Engineer and Architect Samuel Wyatt, whose family originated from Lichfield, was employed by Thomas Anson II to extend the house and create an impressive farm.
Wyatt began by enlarging the side wings of the house, and added a vast portico of eight Ionic columns, made from timber, slate and Coade stone in front of the front door. Wyatt had a fascination with new materials that were associated with the emerging industrial technology and faced the exterior walls with slate, polished and painted to look grey, like ashlar, and installed new window bars made from copper alloy.
Wyatt’s work was also designed to make the house more comfortable and the transformation of the entrance hall was particularly ingenious, creating an oval space from a square room, lined with scagliola columns. The same material was used in Wyatt’s new saloon which replaced Anson’s former dining room.
The most impressive space is the enormous red drawing room created in 1794. It remains Wyatt’s largest and grandest surviving interior. An impressive suite of seat furniture, almost identical to a set at Waddesdon and made by upholsterers to George III, was commissioned to furnish the interior.
Samuel Wyatt was tasked to design a model farm, Park Farm, and a walled kitchen garden, around 1805. Park Farm was located in the centre of the park, close to the Tower of the Winds, which Wyatt also partially converted into a functioning dairy. In the early 19th century, the farm operated on a grand scale with over 2,000 acres being cultivated.

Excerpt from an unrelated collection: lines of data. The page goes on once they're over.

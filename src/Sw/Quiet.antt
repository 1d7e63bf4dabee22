-- ===== src/Sw/Quiet.antt =====
-- The sections of src/sw.c under its mutex, for a thread that finds the mutex free and is not told to
-- yield.
use x.Base.{ℕ, ◌<◌, ◌≡◌, refl, ap, sym, ◌∙◌, true, false, none, some, [], if◌then◌else◌}
use x.Base.Outcome.{ok, blocked, ◌>>=◌}
use x.LinkedList.{LinkedList}
use x.Thread.State.{Kernel, thread_self}
use x.Thread.Quiet.{masked, masked_quiet}
use x.Thread.Trace.{preempt_disable_lem}
use x.Mutex.{Mutex, MutexState, mutex_take, mutex_lock, mutex_unlock}
use x.Mutex.Calls.{taken, set_owner_lem}
use x.Mutex.Unlock.{released, clear_lem}
use x.Sw.{Stopwatch, sw_lock, sw_unlock}

module _ ⦃lib : LinkedList⦄ where
  open lib use {nodes, list_empty, empty-nodes}

  -- The current thread may disable preemption, and was not told to yield.
  pub record IsCalm (k : Kernel) : Type 0 where
    pub few : (k.threads k.current).preempt_level < 4294967295
    pub calm : (k.threads k.current).yield ≡ false

  -- The mutex is free, and no thread waits for it.
  pub record IsFree (m : Mutex) : Type 0 where
    pub owner : m.owner ≡ none
    pub unlocked : m.locked ≡ false
    pub alone : nodes m.waiters ≡ []

  pub lock_quiet :
      (s : MutexState) (waiter : ℕ)
      → IsCalm s.kernel
      → IsFree s.mutex
      → mutex_lock s waiter ≡ ok (taken s s.kernel.current s.kernel)
  unfolding mutex_lock mutex_take thread_self
  lock_quiet s waiter c f =
      rw
        (
          preempt_disable_lem s.kernel c.few,
          f.unlocked,
          set_owner_lem s.mutex s.kernel.current f.owner f.unlocked,
          masked_quiet s.kernel c.calm,
        )
        refl

  pub unlock_quiet :
      (s : MutexState)
      → IsCalm s.kernel
      → s.mutex.owner ≡ some s.kernel.current
      → s.mutex.locked ≡ true
      → nodes s.mutex.waiters ≡ []
      → mutex_unlock s ≡ ok (record s { mutex = released s })
  unfolding mutex_unlock
  unlock_quiet s c own on alone =
      rw
        (
          preempt_disable_lem s.kernel c.few,
          clear_lem (record s { kernel = masked s.kernel }) own on,
          empty-nodes s.mutex.waiters,
          alone,
          masked_quiet s.kernel c.calm,
        )
        refl

  -- The current thread has the mutex.
  abbrev pub held : Stopwatch → Stopwatch
  held s = record s {
    sync = record s.sync { base = taken s.sync.base s.sync.base.kernel.current s.sync.base.kernel };
  }

  pub sw_lock_lem :
      (s : Stopwatch) (waiter : ℕ)
      → IsCalm s.sync.base.kernel
      → IsFree s.sync.base.mutex
      → sw_lock s waiter ≡ ok (held s)
  unfolding sw_lock
  sw_lock_lem s waiter c f =
      ap
        (λ b.
          if b
          then blocked
          else (mutex_lock s.sync.base waiter >>= λ base.
              ok (record s { sync = record s.sync { base = base } })))
        f.unlocked
      ∙ rw (lock_quiet s.sync.base waiter c f) refl

  freed : (m : Mutex) → IsFree m → (record m { owner = none; locked = false }) ≡ m
  freed m f =
      ap (λ o. record m { owner = o; locked = false }) (sym f.owner)
      ∙ ap (λ l. record m { locked = l }) (sym f.unlocked)

  -- The end of a section that left the mutex and the threads alone.
  pub sw_unlock_lem :
      (s : Stopwatch) (s1 : Stopwatch)
      → IsCalm s.sync.base.kernel
      → IsFree s.sync.base.mutex
      → s1.sync ≡ (held s).sync
      → sw_unlock s1 ≡ ok (record s1 { sync = s.sync })
  unfolding sw_unlock
  sw_unlock_lem s s1 c f same =
      rw (same, unlock_quiet (held s).sync.base c refl refl f.alone, freed s.sync.base.mutex f) refl
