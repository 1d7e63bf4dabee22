-- ===== src/Sw/Controls.antt =====
-- The shell commands of src/sw.c that start and stop the stopwatch.
use x.Base.{ℕ, ◌+◌, ◌<◌, ◌≡◌, refl, ap, ◌∙◌, true, false, not, count, ◌==◌, if◌then◌else◌, arith}
use x.Base.Word.{add32, sub32}
use x.Base.Outcome.{Outcome, ok, ◌>>=◌}
use x.LinkedList.{LinkedList}
use x.Timer.{timer_now, timer_schedule}
use x.Timer.Order.{IsOrdered, schedule-IsOrdered}
use x.Sw.{Stopwatch, sw_unlock, sw_count, sw_timer_run, sw_shell_start, sw_shell_stop}
use x.Sw.Quiet.{IsCalm, IsFree, held, sw_lock_lem, sw_unlock_lem}

module _ ⦃lib : LinkedList⦄ where
  open lib use {nodes}

  -- What `sw_shell_start` does with the mutex, for a stopwatch that runs or not.
  abbrev starting : ℕ → Stopwatch → Outcome Stopwatch
  starting sw_timer s = do
    timers ← timer_schedule s.timers sw_timer (add32 (timer_now s.timers) 1)
    ok (record s { sw_ticks = 0; sw_timer_scheduled = true; timers = timers })

  pub start_running :
      (sw_timer : ℕ) (s : Stopwatch) (waiter : ℕ)
      → IsCalm s.sync.base.kernel
      → IsFree s.sync.base.mutex
      → s.sw_timer_scheduled ≡ true
      → sw_shell_start sw_timer s waiter ≡ ok s
  unfolding sw_shell_start
  start_running sw_timer s waiter c f on = rw (sw_lock_lem s waiter c f) (
      ap (λ b. (if b then ok (held s) else starting sw_timer (held s)) >>= sw_unlock) on
      ∙ sw_unlock_lem s (held s) c f refl)

  -- What `sw_shell_start` leaves of a stopwatch that stood still.
  pub record Started (base sw_timer : ℕ) (s s' : Stopwatch) : Type 0 where
    pub zeroed : s'.sw_ticks ≡ 0
    pub scheduled : s'.sw_timer_scheduled ≡ true
    pub ordered : IsOrdered base s'.timers
    pub next : (s'.timers.timers sw_timer).ticks ≡ add32 s.timers.timer_ticks 1
    pub linked :
        (x : ℕ)
        → count x (nodes s'.timers.timer_list)
          ≡ count x (nodes s.timers.timer_list) + (if sw_timer == x then 1 else 0)
    pub same_sync : s'.sync ≡ s.sync

  pub start_lem :
      (base sw_timer : ℕ) (s : Stopwatch) (waiter : ℕ)
      → IsCalm s.sync.base.kernel
      → IsFree s.sync.base.mutex
      → s.sw_timer_scheduled ≡ false
      → IsOrdered base s.timers
      → count sw_timer (nodes s.timers.timer_list) ≡ 0
      → sub32 (add32 s.timers.timer_ticks 1) base < 2147483648
      → (s' : Stopwatch) × (sw_shell_start sw_timer s waiter ≡ ok s') × Started base sw_timer s s'
  unfolding sw_shell_start timer_now
  start_lem base sw_timer s waiter c f off ordered absent near =
      let (t', scheduled, ordered', next, linked, others) =
        schedule-IsOrdered base s.timers sw_timer (add32 s.timers.timer_ticks 1) ordered absent
          (omega arith) near in
      let s1 : Stopwatch = record (held s) {
        sw_ticks = 0;
        sw_timer_scheduled = true;
        timers = t';
      } in
      let body : starting sw_timer (held s) ≡ ok s1 = rw scheduled refl in
      (
        record s1 { sync = s.sync },
        rw (sw_lock_lem s waiter c f) (
            ap (λ b. (if b then ok (held s) else starting sw_timer (held s)) >>= sw_unlock) off
            ∙ rw body (sw_unlock_lem s s1 c f refl)),
        record {
          zeroed = refl;
          scheduled = refl;
          ordered = ordered';
          next = next;
          linked = linked;
          same_sync = refl;
        },
      )

  stopped_run :
      (sw_timer : ℕ) (s : Stopwatch) (waiter : ℕ)
      → IsCalm s.sync.base.kernel
      → IsFree s.sync.base.mutex
      → s.sw_timer_scheduled ≡ false
      → sw_timer_run sw_timer s waiter ≡ ok s
  unfolding sw_timer_run
  stopped_run sw_timer s waiter c f off = rw (sw_lock_lem s waiter c f) (
      ap (λ b. (if not b then ok (held s) else sw_count sw_timer (held s)) >>= sw_unlock) off
      ∙ sw_unlock_lem s (held s) c f refl)

  -- For a thread with its preemption level below the limit that was not told to yield and
  -- finds the mutex free without waiters, `sw_shell_stop` returns and changes nothing but
  -- that the stopwatch stands still, and the next `sw_timer_run` then changes nothing: the
  -- ticks stay, and the timer is not scheduled again.
  pub stop_lem :
      (sw_timer : ℕ) (s : Stopwatch) (waiter timer_waiter : ℕ)
      → IsCalm s.sync.base.kernel
      → IsFree s.sync.base.mutex
      → (s' : Stopwatch) × (sw_shell_stop sw_timer s waiter ≡ ok s')
        × (s' ≡ record s { sw_timer_scheduled = false })
        × (sw_timer_run sw_timer s' timer_waiter ≡ ok s')
  unfolding sw_shell_stop
  stop_lem sw_timer s waiter timer_waiter c f =
      let s' : Stopwatch = record s { sw_timer_scheduled = false } in
      (
        s',
        rw (sw_lock_lem s waiter c f)
            (sw_unlock_lem s (record (held s) { sw_timer_scheduled = false }) c f refl),
        refl,
        stopped_run sw_timer s' timer_waiter c f refl,
      )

Beyond the house, Thomas Anson II set about redeveloping the parkland and garden. He was spurred on by a flood on the River Sow in February 1795 which destroyed many of the original Rococo park features.
Between 1799–1805 landscaper John Webb was employed to repair the flood damage and to create a ‘naturalistic’ parkland design, more in keeping with Thomas' taste. Webb set about digging a new channel for the River Sow in 1804, creating an island on which you can now see the arboretum.
Webb established new plantations to create views and vistas through the parkland and then created three new carriage drives, to make an elegant approach with extensive views across Shugborough.
You can still enjoy Webb's walled garden. This garden was state of the art, designed to grow the finest quality produce for the tables of both the family and wider household. It included a large gardener’s house, with glasshouses for plants and flowers, together with a vinery, fruit stores and bothies.
This garden became a centre for education for budding horticulturalists. William Pitt described the garden as ‘an academy for the study of horticulture in which young men entered without pay to develop their skills and knowledge.’
The result of this was the creation of an estate and landscape which combined beauty with utility and reflected contemporary ideas of ‘Improvement’. With the survival of many of its components, the estate remains a highly significant example of this period in agricultural history and landscape design.